**TO DO:**
Pick out the lines below that contain the string "zero" and copy them all.

(Dataset entries)
-- ===== src/Ledger/Books.antt =====
-- The books of the ledger: the invariant of its tables and the proofs about the use cases.
mod Invariant
mod Sums
pub mod Holds
pub mod Listing
pub mod Sweep
pub mod Place
pub mod Returns
mod Deltas
mod Capture
mod Balances
mod Entries
mod Steps
mod Outcome
mod Made
pub mod Post
pub mod Once
mod Kept
pub mod Final
pub mod Payload
pub use Invariant.*
pub use Deltas.{is_posted, resolve-cons, AgreesWith}
pub use Capture.{named_hold}
pub use Post.{IsRequest, HoldIsPosted}
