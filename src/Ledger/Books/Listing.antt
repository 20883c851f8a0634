-- ===== src/Ledger/Books/Listing.antt =====
-- Proofs about the list of holds that sweep of services/ledger/internal/app/sweeper.go works through: which
-- holds it has, each once, and what its loop makes of a row.
use bank_core.Prelude.{
  ℕ, zero, suc, ◌+◌, ◌≤◌, ◌≡◌, refl, inl, inr, arith, String, str_eq, str_eq_iff, Bool, false, ◌&&◌,
  ◌||◌, if◌then◌else◌, ltb, List, [], ◌∷◌, none, some, All, map, length, Bool-cases,
}
use bank_core.Ledger.Domain.{Hold, hold_active, hold_released}
use bank_core.Ledger.Store.{find_row}
use bank_core.Ledger.Store.Lemmas.{HasUniqueIds, set_status}
use bank_core.Ledger.Service.{expired, by_expiry, insert_by_expiry, limited}

abbrev pub released : Hold → Hold
released h = record h { status = hold_released }

-- Whether a list has a hold with an id.
abbrev pub has : String → List Hold → Bool
has x [] = false
has x (g ∷ gs) = str_eq g.id x || has x gs

abbrev pub IsDistinct : List Hold → Type 0
IsDistinct [] = Unit
IsDistinct (g ∷ gs) = (has g.id gs ≡ false) × IsDistinct gs

has-find_row :
    (x : String) (hs : List Hold) → find_row (λ g. str_eq g.id x) hs ≡ none → has x hs ≡ false
has-find_row x [] e = refl
has-find_row x (h ∷ hs) e = ground (arith, has-find_row x hs)

pub HasUniqueIds-IsDistinct : (hs : List Hold) → HasUniqueIds hs → IsDistinct hs
HasUniqueIds-IsDistinct [] u = tt
HasUniqueIds-IsDistinct (h ∷ hs) u = (has-find_row h.id hs u.0, HasUniqueIds-IsDistinct hs u.1)

-- What the loop does to one row: each hold in the list that has its id releases it.
abbrev pub release_one : List Hold → Hold → Hold
release_one [] r = r
release_one (h ∷ hs) r = release_one hs (if str_eq r.id h.id then released r else r)

release_one-has :
    (hs : List Hold) (r : Hold) → release_one hs r ≡ (if has r.id hs then released r else r)
release_one-has [] r = refl
release_one-has (h ∷ hs) r =
    let sides : (str_eq h.id r.id ≡ str_eq r.id h.id) =
      ground (arith, str_eq_iff h.id r.id, str_eq_iff r.id h.id) in
    elim (Bool-cases (str_eq r.id h.id)) [
      | inl hit ↦ rw (sides, hit) (ground (arith, release_one-has hs (released r)))
      | inr miss ↦ rw (sides, miss) (release_one-has hs r)
    ]

pub map-set_status :
    (hs : List Hold) (h : Hold) (rows : List Hold)
    → map (release_one hs) (set_status h.id hold_released rows) ≡ map (release_one (h ∷ hs)) rows
map-set_status hs h [] = refl
map-set_status hs h (r ∷ rows) = ground (arith, map-set_status hs h rows)

pub map-release_nothing : (rows : List Hold) → map (release_one []) rows ≡ rows
map-release_nothing [] = refl
map-release_nothing (r ∷ rows) = ground (arith, map-release_nothing rows)

-- The row of the table that a listed hold is, and that it is active.
abbrev pub Listed : List Hold → Hold → Type 0
Listed rows g = (find_row (λ r. str_eq r.id g.id) rows ≡ some g) × (g.status ≡ hold_active)

-- What the sweep is to make of a row.
abbrev pub swept : ℕ → Hold → Hold
swept now h = if str_eq h.status hold_active && ltb h.expires_at now then released h else h

has-insert :
    (x : String) (h : Hold) (gs : List Hold)
    → has x (insert_by_expiry h gs) ≡ (str_eq h.id x || has x gs)
has-insert x h [] = refl
has-insert x h (g ∷ gs) = ground (arith, has-insert x h gs)

has-by_expiry : (x : String) (hs : List Hold) → has x (by_expiry hs) ≡ has x hs
has-by_expiry x [] = refl
has-by_expiry x (h ∷ hs) = ground (arith, has-by_expiry x hs, has-insert x h (by_expiry hs))

insert-IsDistinct :
    (h : Hold) (gs : List Hold)
    → has h.id gs ≡ false
    → IsDistinct gs
    → IsDistinct (insert_by_expiry h gs)
insert-IsDistinct h [] new d = (refl, tt)
insert-IsDistinct h (g ∷ gs) new d =
    let ih = insert-IsDistinct h gs (ground arith) d.1 in
    let sides : (str_eq h.id g.id ≡ str_eq g.id h.id) =
      ground (arith, str_eq_iff h.id g.id, str_eq_iff g.id h.id) in
    elim (Bool-cases (ltb g.expires_at h.expires_at)) [
      | inl later ↦ rw later (ground (arith, has-insert g.id h gs, sides, d.0), ih)
      | inr sooner ↦ rw sooner (new, d)
    ]

pub by_expiry-IsDistinct : (hs : List Hold) → IsDistinct hs → IsDistinct (by_expiry hs)
by_expiry-IsDistinct [] d = tt
by_expiry-IsDistinct (h ∷ hs) d =
    insert-IsDistinct h (by_expiry hs) (ground (arith, has-by_expiry h.id hs, d.0))
      (by_expiry-IsDistinct hs d.1)

has-expired :
    (x : String) (now : ℕ) (hs : List Hold) → has x hs ≡ false → has x (expired now hs) ≡ false
has-expired x now [] e = refl
has-expired x now (h ∷ hs) e = ground (arith, has-expired x now hs)

pub expired-IsDistinct : (now : ℕ) (hs : List Hold) → IsDistinct hs → IsDistinct (expired now hs)
expired-IsDistinct now [] d = tt
expired-IsDistinct now (h ∷ hs) d =
    let ih = expired-IsDistinct now hs d.1 in
    elim (Bool-cases (str_eq h.status hold_active && ltb h.expires_at now)) [
      | inl due ↦ rw due (has-expired h.id now hs d.0, ih)
      | inr not_due ↦ rw not_due ih
    ]

insert-All :
    (P : Hold → Type 0) (h : Hold) (gs : List Hold) → P h → All P gs → All P (insert_by_expiry h gs)
insert-All P h [] p a = (p, tt)
insert-All P h (g ∷ gs) p a = elim (Bool-cases (ltb g.expires_at h.expires_at)) [
  | inl later ↦ rw later (a.0, insert-All P h gs p a.1)
  | inr sooner ↦ rw sooner (p, a)
]

pub by_expiry-All : (P : Hold → Type 0) (hs : List Hold) → All P hs → All P (by_expiry hs)
by_expiry-All P [] a = tt
by_expiry-All P (h ∷ hs) a = insert-All P h (by_expiry hs) a.0 (by_expiry-All P hs a.1)

-- Each row of a table without repeated ids is found by its id.
found-cons :
    (h : Hold) (hs gs : List Hold)
    → has h.id gs ≡ false
    → All (λ g. find_row (λ r. str_eq r.id g.id) hs ≡ some g) gs
    → All (λ g. find_row (λ r. str_eq r.id g.id) (h ∷ hs) ≡ some g) gs
found-cons h hs [] new a = tt
found-cons h hs (g ∷ gs) new a =
    let sides : (str_eq h.id g.id ≡ str_eq g.id h.id) =
      ground (arith, str_eq_iff h.id g.id, str_eq_iff g.id h.id) in
    (ground (arith, sides, a.0), found-cons h hs gs (ground arith) a.1)

pub rows-found :
    (hs : List Hold) → IsDistinct hs → All (λ g. find_row (λ r. str_eq r.id g.id) hs ≡ some g) hs
rows-found [] d = tt
rows-found (h ∷ hs) d =
    (ground (arith, str_eq_iff h.id h.id), found-cons h hs hs d.0 (rows-found hs d.1))

pub expired-Listed :
    (now : ℕ) (rows hs : List Hold)
    → All (λ g. find_row (λ r. str_eq r.id g.id) rows ≡ some g) hs
    → All (Listed rows) (expired now hs)
expired-Listed now rows [] a = tt
expired-Listed now rows (h ∷ hs) a =
    let ih = expired-Listed now rows hs a.1 in
    elim (Bool-cases (str_eq h.status hold_active && ltb h.expires_at now)) [
      | inl due ↦
          let active : (h.status ≡ hold_active) =
            ground (arith, due, str_eq_iff h.status hold_active) in
          rw due ((a.0, active), ih)
      | inr not_due ↦ rw not_due ih
    ]

-- Releasing what is due is the sweep of each row.
pub release_due :
    (now : ℕ) (gs hs : List Hold)
    → IsDistinct hs
    → All (λ h. has h.id gs ≡ (str_eq h.status hold_active && ltb h.expires_at now)) hs
    → map (release_one gs) hs ≡ map (swept now) hs
release_due now gs [] d a = refl
release_due now gs (h ∷ hs) d a =
    ground (arith, release_one-has gs h, a.0, release_due now gs hs d.1 a.1)

has-expired-cons :
    (now : ℕ) (h : Hold) (gs hs : List Hold)
    → has h.id gs ≡ false
    → All
        (λ g. has g.id (expired now hs) ≡ (str_eq g.status hold_active && ltb g.expires_at now))
        gs
    → All
        (λ g.
          has g.id (expired now (h ∷ hs)) ≡ (str_eq g.status hold_active && ltb g.expires_at now))
        gs
has-expired-cons now h [] hs new a = tt
has-expired-cons now h (g ∷ gs) hs new a =
    let sides : (str_eq h.id g.id ≡ str_eq g.id h.id) =
      ground (arith, str_eq_iff h.id g.id, str_eq_iff g.id h.id) in
    (ground (arith, sides, a.0), has-expired-cons now h gs hs (ground arith) a.1)

pub has-expired-due :
    (now : ℕ) (hs : List Hold)
    → IsDistinct hs
    → All
        (λ g. has g.id (expired now hs) ≡ (str_eq g.status hold_active && ltb g.expires_at now))
        hs
has-expired-due now [] d = tt
has-expired-due now (h ∷ hs) d = (
  ground (arith, has-expired h.id now hs d.0, str_eq_iff h.id h.id),
  has-expired-cons now h hs hs d.0 (has-expired-due now hs d.1),
)

pub has-due :
    (now : ℕ) (gs hs : List Hold)
    → All (λ g. has g.id gs ≡ (str_eq g.status hold_active && ltb g.expires_at now)) hs
    → All (λ g. has g.id (by_expiry gs) ≡ (str_eq g.status hold_active && ltb g.expires_at now)) hs
has-due now gs [] a = tt
has-due now gs (h ∷ hs) a = (ground (arith, has-by_expiry h.id gs, a.0), has-due now gs hs a.1)

length-insert : (h : Hold) (gs : List Hold) → length (insert_by_expiry h gs) ≡ length gs + 1
length-insert h [] = refl
length-insert h (g ∷ gs) = ground (arith, length-insert h gs)

pub length-by_expiry : (hs : List Hold) → length (by_expiry hs) ≡ length hs
length-by_expiry [] = refl
length-by_expiry (h ∷ hs) = ground (arith, length-by_expiry hs, length-insert h (by_expiry hs))

pub limited_all : (n : ℕ) (gs : List Hold) → length gs ≤ n → limited n gs ≡ gs
limited_all n [] e = refl
limited_all zero (g ∷ gs) e = absurd (ground arith)
limited_all (suc n) (g ∷ gs) e = ground (arith, limited_all n gs)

**THE ANSWER:**
  ℕ, zero, suc, ◌+◌, ◌≤◌, ◌≡◌, refl, inl, inr, arith, String, str_eq, str_eq_iff, Bool, false, ◌&&◌,
limited_all zero (g ∷ gs) e = absurd (ground arith)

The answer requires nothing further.